# Feeling bad tonight?



## hesnothappy (Mar 5, 2011)

wrote a song about, like to hear it? here it goes LOLOL (From In Living Color) So many are hurting tonight I wanted to share a song that I ran across,that says it all. The link stops 3 times and then starts again. 

Vivian Green - Emotional Rollercoaster - YouTube


----------



## krismimo (Jan 26, 2011)

LOL Love the in living color reference I do that all that time you should have done a song using the in living color video


----------



## hesnothappy (Mar 5, 2011)

@ Kris, I love doing that too, but I just ran across the Vivian Green song and remembered a few people on last night hurting from loving someone and it not working out.
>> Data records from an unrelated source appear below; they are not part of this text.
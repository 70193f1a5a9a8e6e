-- ===== src/Syscall/Tests.antt =====
-- A system call on a small process, for interrupts.cpp.
use venom_os.Base.{◌+◌, ◌==◌, if◌then◌else◌, true, false, some, none, [], arith}
use venom_os.Task.{Task, State}
use venom_os.Task.Life.{Kernel, no_cleanup}
use venom_os.Fs.{empty_entry}
use venom_os.Syscall.{System, InterruptFrame, handle_syscall, sys_read}
use venom_os.Syscall.Ends.{IsHandled, handle_syscall-IsHandled}

abbrev process : Task
process = record {
  rsp = 0;
  stack_base = 0x20_0000;
  entry = 0;
  state = State.running;
  pid = 257;
  generation = 1;
  parent_pid = 0;
  first_child = 0;
  next_sibling = 0;
  exit_code = 0;
  wake_tick = 0;
  name = 0;
  cr3 = 0x1000;
  user_entry = 0;
  user_stack_top = 0;
}

-- One process without children, whose first page of user space is mapped for reading and writing.
abbrev kernel : Kernel
kernel = record {
  table = record {
    tasks = λ i. if i == 0 then process else record process { state = State.dead };
    current_index = some 0;
    kernel_cr3 = 0x8000;
    loaded_cr3 = 0x1000;
  };
  init_pid = 0;
  pending_cleanup = no_cleanup;
  heap = record { blocks = []; heap_min = 0; heap_max = 0 };
  machine = record {
    tables = λ table index.
        if table == 0x1000
        then (if index == 0 then 0x2007 else 0)
        else (if table == 0x2000
            then (if index == 1 then 0x3007 else 0)
            else (if table == 0x3000
                then (if index == 0 then 0x4007 else 0)
                else (if table == 0x4000 then (if index == 0 then 0x5007 else 0) else 0)));
    pmm = record { bitmap = λ i. 0xff; free_count = 0 };
  };
}

abbrev system : System
system = record {
  kernel = kernel;
  keyboard = record {
    queue = λ i. 97 + i;
    queue_head = 2;
    queue_tail = 0;
    shift_down = false;
    caps_lock = false;
    extended_sequence = false;
  };
  vga = record { buffer = λ i. 0; cursor_row = 0; cursor_col = 0; current_color = 7 };
  fs = record {
    file_table = λ i. empty_entry;
    bitmap = λ i. 0;
    drive = record { sectors = λ at i. 0; answers = λ n. true; waits = 0; fault_countdown = none };
  };
  user = λ a. if a == 0x4000_0000 then 97 else 0;
  timer_ticks = 12;
}

-- The process reads two characters from the keyboard into its page.
abbrev frame : InterruptFrame
frame = record { rax = sys_read; rdi = 0; rsi = 0x4000_0100; rdx = 2 }

handle_syscall-IsHandled_example : IsHandled sys_read system (handle_syscall frame system)
handle_syscall-IsHandled_example =
    handle_syscall-IsHandled frame [] system (omega arith) (omega arith)
      (λ e c cur. absurd (omega arith)) (omega arith)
Just wanted them to know they are not alone.


----------



## Jellybeans (Mar 8, 2011)

hesnothappy said:


> wrote a song about, like to hear it? here it goes LOLOL (From In Living Color)


Omg! I always loved that skit! In fact, my father says that to me all the time... "Wrote a song about it...like to hear it? Here it goes!"

Homey da Clown was pretty awesome, too.


----------



## hesnothappy (Mar 5, 2011)

JB, I had so many favorites on that show...but them two sissies used to have me in stitches LOLOLOLOL OMG, that show was funny.


----------